Start of Block

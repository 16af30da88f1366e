-- ===== src/Lib.antt =====
-- A model of the backport engine of this repository, and of the groups of edits that it applies.
--
-- The scripts edit a kernel tree by anchors. A step names a file, an old block of text and a new
-- one; `apply_steps` (scripts/abk_backport_engine.py) looks for all of them, and writes the files
-- that changed only if no required block is missing. A group is a list of steps with a title, and a
-- child runs its groups one after the other, under a guard that compares each group's report with
-- the files that it has changed, and returns a report.
--
-- Text        Python's `str`: `in`, `startswith`, `replace`, `split`, `join`
-- Replace     scripts/abk_common.py: `_eol_variants`, `replace_once`, `ensure_after`, `has_any`
-- Result      the exceptions, and actions on a state that may raise one
-- Disk        scripts/abk_common.py: `read_text`, `write_text` with its `.abk-orig` snapshots
-- Context     scripts/abk_backport_engine.py: `GraftContext`, its cache, its dirty set, its tests
--             (Context/Defconfig: its edits of the defconfig)
-- Steps       scripts/abk_backport_engine.py: `apply_steps`
-- Groups      scripts/abk_backport_engine.py: `PatchGroup.run`, `shape_report`, `run_child`
-- Core        scripts/abk_stable_core.py: the groups over fs/file.c and over the defconfig, groups
--             that are lists of steps, and groups that look for a marker first or after
-- Perf        scripts/abk_stable_perf.py: groups that are lists of steps, some behind a marker
-- Display     scripts/abk_stable_display.py: its group
-- Batch       groups of scripts/batch14, 30, 32, 47 and 71
-- Rollback    scripts/abk_rollback.sh: the snapshots are copied back
-- Hunks       tools/hunks.py: `parse_patch`
-- Installer   scripts/ak3_bundle_ksu_module.py: `inject_script`, `_check_anykernel_text`
-- KsuModule   scripts/build_ksu_module.py: the manifest of embedded files, `module_entries`
-- Tests       runs on small trees, and each result below at such an input
--
-- A text is the list of its code points. The tree on disk is a function from paths to files: a file
-- holds the UTF-8 encoding of a text, or bytes that are none, or cannot be read. A path may be
-- locked, and writing it raises then. An action takes the context and gives back a result or an
-- exception, and the context in both cases, so that what was done before a raise stays done. The
-- dicts of the source are association lists in insertion order, the dirty set its sorted list.
-- Most loops of the source run over a list that is there when they start, and are structural
-- recursion on it. `parse_loop` of Hunks runs on fuel, one round for each line and one more, which
-- is proved to be enough; `sub_blocks` and `count_from` of Installer have one round for each
-- character and one more, as every match takes at least one.
--
-- `tree c p` is the text at the path `p` that a reader of the context `c` gets, and `edit p steps`
-- the edit of a text by the steps for `p`, one `replace_once` after the other, with no notion of a
-- cache, of a file or of an order of writing. A context is sound where its cache agrees with the
-- disk (unless it is a dry run) and no path is locked. Two contexts agree for readers where the
-- disk, the dirty set and all texts are the same.
--
-- A group that comes with a change of the tree is a `Planned` one, whatever its function does to
-- find out whether to apply its steps. `sources c` is `tree c` without the snapshots. `Reached d0 d`
-- says that writes with a backup have made the disk `d` of `d0`, and `Lists d` that a list holds
-- every snapshot on `d` once. `Aims Target m` says that the action `m` is built of readings
-- and of writes to paths in `Target`: what both of them keep, it keeps. `lacks_anchor steps t` tells
-- from the tree `t` alone whether a required step misses its blocks or its file, and `Told st c d`
-- what the guard asks of a group that reports `st` between the contexts `c` and `d`.
--
-- Not modelled: the modes and times of files, the texts of the details and messages, the report
-- files, the printing, the parsing of arguments, the resolving of paths, a write that is cut off in
-- its middle, the groups that choose or check their steps in other ways, most of the batch modules,
-- the zip format, the shell scripts but the rollback, and the sources for the kernel.
pub mod Prelude
pub mod Text
pub mod Replace
pub mod Result
pub mod Disk
pub mod Context
pub mod Steps
pub mod Groups
pub mod Core
pub mod Perf
pub mod Display
pub mod Batch
pub mod Rollback
pub mod Hunks
pub mod Installer
pub mod KsuModule
pub mod Tests
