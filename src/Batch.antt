-- ===== src/Batch.antt =====
-- The groups of the batch modules, scripts/batch*.py.
pub mod ZramWriteback
pub mod WritebackPin
pub mod RecompSkip
pub mod MmapMiss
pub mod SlotPreserve
pub mod Aimed
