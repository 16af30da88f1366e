-- ===== src/Text.antt =====
-- Python's `str` as a list of code points, with the methods that the scripts call on it:
-- `in`, `startswith`, `replace`, `split` and `join`.
pub mod Find
pub mod Parts
pub mod Words
pub mod Lines
use Prim.Native.Char.{code}
use abk_5_15_backport.Prelude.{
  ℕ, zero, suc, ◌-◌, String, Bool, true, false, ◌&&◌, ◌||◌, List, [], ◌∷◌, ◌++◌, Option, none, some,
  ◌==◌, if◌then◌else◌, is_some, length,
}

abbrev pub Text : Type 0
Text = List ℕ

-- The code points of a literal.
abbrev pub codes : String → Text
codes String.[] = []
codes (String.◌∷◌ c s) = code c ∷ codes s

-- A text written line by line.
abbrev pub block : List String → Text
block [] = []
block (l ∷ ls) = codes l ++ block ls

unfoldable pub text_eq : Text → Text → Bool
text_eq [] [] = true
text_eq (c ∷ s) (d ∷ t) = c == d && text_eq s t
text_eq _ _ = false

-- What follows the prefix, if the text begins with it.
unfoldable pub strip_prefix : Text → Text → Option Text
strip_prefix [] t = some t
strip_prefix (c ∷ p) [] = none
strip_prefix (c ∷ p) (d ∷ t) = if c == d then strip_prefix p t else none

abbrev pub before_cons : ℕ → Option (Text × Text) → Option (Text × Text)
before_cons c none = none
before_cons c (some (a, b)) = some (c ∷ a, b)

-- What stands before and behind the first occurrence.
unfoldable pub cut : Text → Text → Option (Text × Text)
unfolding strip_prefix
cut p [] = elim (strip_prefix p []) [ none ↦ none | some rest ↦ some ([], rest) ]
cut p (c ∷ t) =
    let later = before_cons c (cut p t) in
    elim (strip_prefix p (c ∷ t)) [ none ↦ later | some rest ↦ some ([], rest) ]

-- `p in t`
unfoldable pub contains : Text → Text → Bool
unfolding cut
contains p t = is_some (cut p t)

-- `t.startswith(p)`
unfoldable pub starts_with : Text → Text → Bool
unfolding strip_prefix
starts_with p t = is_some (strip_prefix p t)

-- `t.endswith(s)`
unfoldable pub ends_with : Text → Text → Bool
unfolding text_eq
ends_with s [] = text_eq s []
ends_with s (c ∷ t) = text_eq s (c ∷ t) || ends_with s t

-- `t.replace(old, new, 1)`
unfoldable pub replace_first : Text → Text → Text → Text
unfolding cut
replace_first t old new = elim (cut old t) [ none ↦ t | some (a, b) ↦ a ++ (new ++ b) ]

abbrev pub head_cons : ℕ → List Text → List Text
head_cons c [] = (c ∷ []) ∷ []
head_cons c (p ∷ ps) = (c ∷ p) ∷ ps

-- `t.split(sep)` for a separator with at least one character. The first number counts the
-- characters of a separator that are still to be passed over.
unfoldable pub split_from : ℕ → Text → Text → List Text
unfolding strip_prefix
split_from k sep [] = [] ∷ []
split_from (suc k) sep (c ∷ t) = split_from k sep t
split_from zero sep (c ∷ t) =
    let here = split_from (length sep - 1) sep t in
    let later = split_from zero sep t in
    elim (strip_prefix sep (c ∷ t)) [ none ↦ head_cons c later | some rest ↦ [] ∷ here ]

unfoldable pub split : Text → Text → List Text
unfolding split_from
split sep t = split_from 0 sep t

-- `sep.join(parts)`
unfoldable pub join : Text → List Text → Text
join sep [] = []
join sep (p ∷ []) = p
join sep (p ∷ q ∷ ps) = p ++ (sep ++ join sep (q ∷ ps))

-- `t.replace(old, new)`, for `old` with at least one character
unfoldable pub replace_all : Text → Text → Text → Text
unfolding split join
replace_all t old new = join new (split old t)
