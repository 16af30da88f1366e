-- ===== src/Replace.antt =====
-- The text functions of scripts/abk_common.py: `_eol_variants`, `replace_once`, `ensure_after` and
-- `has_any`. The generator of the two forms is the list of what it yields.
pub mod Laws
pub mod Eol
pub mod Ensure
use abk_5_15_backport.Prelude.{
  Bool, true, false, ◌||◌, List, [], ◌∷◌, ◌++◌, Option, none, some, if◌then◌else◌, any,
}
use abk_5_15_backport.Text.{Text, codes, contains, replace_first, replace_all}

abbrev pub lf : Text
lf = codes "\n"

abbrev pub crlf : Text
crlf = codes "\r\n"

pub data StepStatus : Type 0 where
  applied already_present missing_anchor : StepStatus

-- `block.replace("\r\n", "\n")`
unfoldable pub to_lf : Text → Text
unfolding replace_all
to_lf block = replace_all block crlf lf

-- `block.replace("\n", "\r\n")`
unfoldable pub to_crlf : Text → Text
unfolding replace_all
to_crlf block = replace_all block lf crlf

-- Each form of the block with its line end.
unfoldable pub eol_variants : Text → List (Text × Text)
unfolding to_lf to_crlf
eol_variants block = (to_lf block, lf) ∷ (to_crlf (to_lf block), crlf) ∷ []

-- The loop of `replace_once` over the forms of the old block.
unfoldable pub replace_variant : Text → Text → List (Text × Text) → Text × StepStatus
unfolding contains replace_first replace_all
replace_variant text new_lf [] = (text, missing_anchor)
replace_variant text new_lf ((old_variant, joiner) ∷ rest) =
    let later = replace_variant text new_lf rest in
    if contains old_variant text
    then (replace_first text old_variant (replace_all new_lf lf joiner), applied)
    else later

-- The block is in the text in one of its two forms.
unfoldable pub has_block : Text → Text → Bool
unfolding to_lf to_crlf contains
has_block text block = contains (to_lf block) text || contains (to_crlf (to_lf block)) text

unfoldable pub replace_once : Text → Text → Text → Text × StepStatus
unfolding has_block eol_variants replace_variant
replace_once text old new =
    if has_block text new
    then (text, already_present)
    else replace_variant text (to_lf new) (eol_variants old)

unfoldable pub ensure_after : Text → Text → Text → Text × StepStatus
unfolding contains replace_first
ensure_after text anchor snippet =
    if contains snippet text
    then (text, already_present)
    else if contains anchor text
    then (replace_first text anchor (anchor ++ (lf ++ snippet)), applied)
    else (text, missing_anchor)

unfoldable pub has_any : Text → List Text → Bool
unfolding contains
has_any text needles = any (λ needle. contains needle text) needles
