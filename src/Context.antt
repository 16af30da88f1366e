-- ===== src/Context.antt =====
-- `GraftContext` of scripts/abk_backport_engine.py: the cache of texts over the tree, the set of the
-- files written, and the shape tests. `Path.resolve` is not code of the repository: the defconfig's
-- path below the tree, if it has one, is given with the context.
pub mod Laws
pub mod Coherent
pub mod Reading
pub mod Failures
pub mod Defconfig
pub mod Sources
use abk_5_15_backport.Prelude.{
  Bool, true, false, not, ◌&&◌, ◌||◌, List, [], ◌∷◌, Option, none, some, if◌then◌else◌, ltb, ◌==◌,
  ℕ,
}
use abk_5_15_backport.Text.{Text, codes, text_eq, contains}
use abk_5_15_backport.Replace.{has_any}
use abk_5_15_backport.Result.{Result, ok, err, Exec, ◌>>=◌, pure}
use abk_5_15_backport.Disk.{FilePath, Disk, update, read_text, write_text}

pub record Context : Type 0 where
  pub disk : Disk
  pub texts : FilePath → Option Text
  pub dirty : List FilePath
  pub block_shape : Option Bool
  pub dry_run : Bool
  pub family : Text
  pub defconfig : Option FilePath
  pub defconfig_rel : Option FilePath

-- Python's order on texts: by code points, a prefix first.
unfoldable pub text_lt : Text → Text → Bool
text_lt [] [] = false
text_lt [] (d ∷ t) = true
text_lt (c ∷ s) [] = false
text_lt (c ∷ s) (d ∷ t) = let rest = text_lt s t in if c == d then rest else ltb c d

-- `self._dirty.add(rel)`: the set is kept as its sorted list.
unfoldable pub add_path : FilePath → List FilePath → List FilePath
unfolding text_eq text_lt
add_path p [] = p ∷ []
add_path p (q ∷ qs) =
    let rest = add_path p qs in
    if text_eq p q then q ∷ qs else if text_lt p q then p ∷ q ∷ qs else q ∷ rest

-- `sorted(self._dirty)`
unfoldable pub pending_writes : Context → List FilePath
pending_writes c = c.dirty

unfoldable pub keep_text : FilePath → Result Text → Exec Context Text
unfolding update
keep_text rel (ok text) c = (ok text, record c { texts = update c.texts rel text })
keep_text rel (err e) c = (err e, c)

unfoldable pub read : FilePath → Exec Context Text
unfolding keep_text read_text
read rel c = elim (c.texts rel) [
  | none ↦ keep_text rel (read_text c.disk rel) c
  | some text ↦ (ok text, c)
]

unfoldable pub mark_dirty : FilePath → Context → Context
unfolding add_path
mark_dirty rel c = record c { dirty = add_path rel c.dirty }

unfoldable pub written : FilePath → Context → Result (Unit {0}) × Disk → Result (Unit {0}) × Context
unfolding mark_dirty
written rel c (ok u, d) = (ok u, mark_dirty rel (record c { disk = d }))
written rel c (err e, d) = (err e, record c { disk = d })

-- The cache changes first, then the disk, and the file counts as written if nothing was raised.
unfoldable pub write : FilePath → Text → Exec Context (Unit {0})
unfolding update written mark_dirty
write rel text c =
    let cached = record c { texts = update c.texts rel text } in
    if c.dry_run
    then (ok tt, mark_dirty rel cached)
    else written rel cached (write_text rel text true c.disk)

abbrev pub suite_feature_marker : Text
suite_feature_marker = codes "/* ABK feature_porting:"

abbrev pub suite_security_marker : Text
suite_security_marker = codes "/* ABK security_update_backport:"

abbrev pub suite_fd_fallback_align : Text
suite_fd_fallback_align = codes "nr = ALIGN(slots_wanted, BITS_PER_LONG)"

abbrev pub suite_fd_helper : Text
suite_fd_helper = codes "abk_fdtable_slots_wanted"

abbrev pub f2fs_block_monthly_sentinel : Text
f2fs_block_monthly_sentinel = codes "delayed_work_pending(&hctx->run_work)"

abbrev pub fs_file : FilePath
fs_file = codes "fs/file.c"

unfoldable pub suite_touched : FilePath → Exec Context Bool
unfolding read has_any
suite_touched rel = do
  text ← read rel
  pure (has_any text (suite_feature_marker ∷ suite_security_marker ∷ suite_fd_helper ∷ []))

unfoldable pub suite_fdtable_fallback : Exec Context Bool
unfolding read contains
suite_fdtable_fallback = do
  text ← read fs_file
  pure (contains suite_fd_fallback_align text || contains suite_fd_helper text)

unfoldable pub keep_block_shape : Bool → Exec Context Bool
keep_block_shape b c = (ok b, record c { block_shape = some b })

unfoldable pub block_rolled_back : Exec Context Bool
unfolding read contains keep_block_shape
block_rolled_back c = elim c.block_shape [
  | none ↦
      (do
        text ← read (codes "block/blk-mq.c")
        keep_block_shape (not (contains f2fs_block_monthly_sentinel text)))
        c
  | some b ↦ (ok b, c)
]

unfoldable pub fdtable_upstream_shape : Exec Context Bool
unfolding read contains
fdtable_upstream_shape = do
  text ← read fs_file
  pure (
      if not (contains (codes "alloc_fdtable(unsigned int slots_wanted)") text)
      then false
      else if contains suite_fd_fallback_align text
      then false
      else contains (codes "roundup_pow_of_two(slots_wanted)") text)
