-- ===== src/Steps.antt =====
-- `apply_steps` of scripts/abk_backport_engine.py: the collecting loop, the writing loop, and the
-- status from the counts. The dict `pending` is an association list in insertion order. The texts
-- of the details are not modelled, the lists of results are.
pub mod Collect
pub mod Pending
pub mod Transaction
pub mod SecondPass
pub mod Degraded
pub mod Statuses
pub mod Sound
pub mod Refusal
use abk_5_15_backport.Prelude.{
  Bool, true, false, ◌&&◌, List, [], ◌∷◌, ◌++◌, Option, none, some, String, if◌then◌else◌, ℕ, zero,
  ◌+◌, ◌==◌, length, any,
}
use abk_5_15_backport.Text.{Text, text_eq, codes, block}
use abk_5_15_backport.Replace
use abk_5_15_backport.Replace.{StepStatus, missing_anchor, replace_once}
use abk_5_15_backport.Result.{Error, file_not_found, Result, ok, err, Exec, ◌>>=◌, ◌>>◌, pure}
use abk_5_15_backport.Disk.{FilePath}
use abk_5_15_backport.Context.{Context, read, write}

pub record Step : Type 0 where
  pub rel : FilePath
  pub old : Text
  pub new : Text
  pub required : Bool

-- A step with its blocks written line by line.
abbrev pub step : String → List String → List String → Bool → Step
step rel old new required = record {
  rel = codes rel;
  old = block old;
  new = block new;
  required = required;
}

pub data Status : Type 0 where
  applied partial already_present report_only : Status
  blocked_by_missing_anchor blocked_by_shape skip_suite_processed : Status

abbrev pub PendingTexts : Type 0
PendingTexts = List (FilePath × Text)

abbrev pub StepResults : Type 0
StepResults = List (FilePath × StepStatus)

unfoldable pub lookup : FilePath → PendingTexts → Option Text
unfolding text_eq
lookup p [] = none
lookup p ((q, t) ∷ m) = if text_eq q p then some t else lookup p m

-- `pending[rel] = text`
unfoldable pub insert : FilePath → Text → PendingTexts → PendingTexts
unfolding text_eq
insert p t [] = (p, t) ∷ []
insert p t ((q, u) ∷ m) =
    let rest = insert p t m in if text_eq q p then (q, t) ∷ m else (q, u) ∷ rest

abbrev pub get_or : Option Text → Text → Text
get_or none t = t
get_or (some t) u = t

-- What one round of the loop leaves: a return, or the dict and the results.
pub data Round : Type 0 where
  refused : StepResults → Round
  went_on : PendingTexts → StepResults → Round

unfoldable pub missed : Step → PendingTexts → StepResults → Round
missed s pending results =
    let noted = results ++ (s.rel, missing_anchor) ∷ [] in
    if s.required then refused noted else went_on pending noted

unfoldable pub judge : Step → PendingTexts → StepResults → Text × StepStatus → Round
judge s pending results (text, missing_anchor) = missed s pending results
judge s pending results (text, status) =
    went_on (insert s.rel text pending) (results ++ (s.rel, status) ∷ [])

-- An absent file returns with the results so far if the step is required.
unfoldable pub absent : Step → PendingTexts → StepResults → Round
absent s pending results =
    if s.required
    then refused results
    else went_on pending (results ++ (s.rel, missing_anchor) ∷ [])

unfoldable pub take_text : Step → PendingTexts → StepResults → Result Text → Result Round
take_text s pending results (ok text) =
    ok (judge s pending results (replace_once (get_or (lookup s.rel pending) text) s.old s.new))
take_text s pending results (err (file_not_found p)) = ok (absent s pending results)
take_text s pending results (err e) = err e

unfoldable pub one_round : Step → PendingTexts → StepResults → Exec Context Round
one_round s pending results c = let (r, c') = read s.rel c in (take_text s pending results r, c')

unfoldable pub collect : List Step → PendingTexts → StepResults → Exec Context Round
collect [] pending results c = (ok (went_on pending results), c)
collect (s ∷ steps) pending results c =
    let (r, c') = one_round s pending results c in
    elim r [
      | err e ↦ (err e, c')
      | ok round ↦ elim round [
        | refused noted ↦ (ok (refused noted), c')
        | went_on more noted ↦ collect steps more noted c'
      ]
    ]

-- `if text != ctx.read(rel): ctx.write(rel, text)`
unfoldable pub write_changed : FilePath → Text → Exec Context (Unit {0})
write_changed rel text = do
  current ← read rel
  if text_eq text current then pure tt else write rel text

unfoldable pub write_pending : PendingTexts → Exec Context (Unit {0})
write_pending [] c = (ok tt, c)
write_pending ((rel, text) ∷ pending) c =
    let (r, c') = write_changed rel text c in
    elim r [ err e ↦ (err e, c') | ok u ↦ write_pending pending c' ]

abbrev pub is_applied : FilePath × StepStatus → Bool
is_applied (p, Replace.applied) = true
is_applied (p, s) = false

abbrev pub is_present : FilePath × StepStatus → Bool
is_present (p, Replace.already_present) = true
is_present (p, s) = false

abbrev pub is_missing : FilePath × StepStatus → Bool
is_missing (p, missing_anchor) = true
is_missing (p, s) = false

unfoldable pub count : (FilePath × StepStatus → Bool) → StepResults → ℕ
count test [] = 0
count test (r ∷ results) = (if test r then 1 else 0) + count test results

unfoldable pub summary : StepResults → Status
unfolding count
summary results =
    if (count is_applied results == 0) && (count is_present results == 0)
    then blocked_by_missing_anchor
    else if (count is_applied results == 0) && (count is_present results == length results)
    then already_present
    else if any is_missing results
    then partial
    else applied

-- `None` is the status of a missing required anchor.
unfoldable pub finish : Round → Exec Context (Option Status × StepResults)
finish (refused results) = pure (none, results)
finish (went_on pending results) = do write_pending pending; pure (some (summary results), results)

unfoldable pub apply_steps : List Step → Exec Context (Option Status × StepResults)
apply_steps steps = do round ← collect steps [] []; finish round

End of Block

What the task requires
Set down exactly the lines from the opening line of the material through the line in which "-- The scripts" occurs, both included, and no other lines.

Written solution
repository 16af30da88f1366e
-- ===== src/Lib.antt =====
-- A model of the backport engine of this repository, and of the groups of edits that it applies.
--
-- The scripts edit a kernel tree by anchors. A step names a file, an old block of text and a new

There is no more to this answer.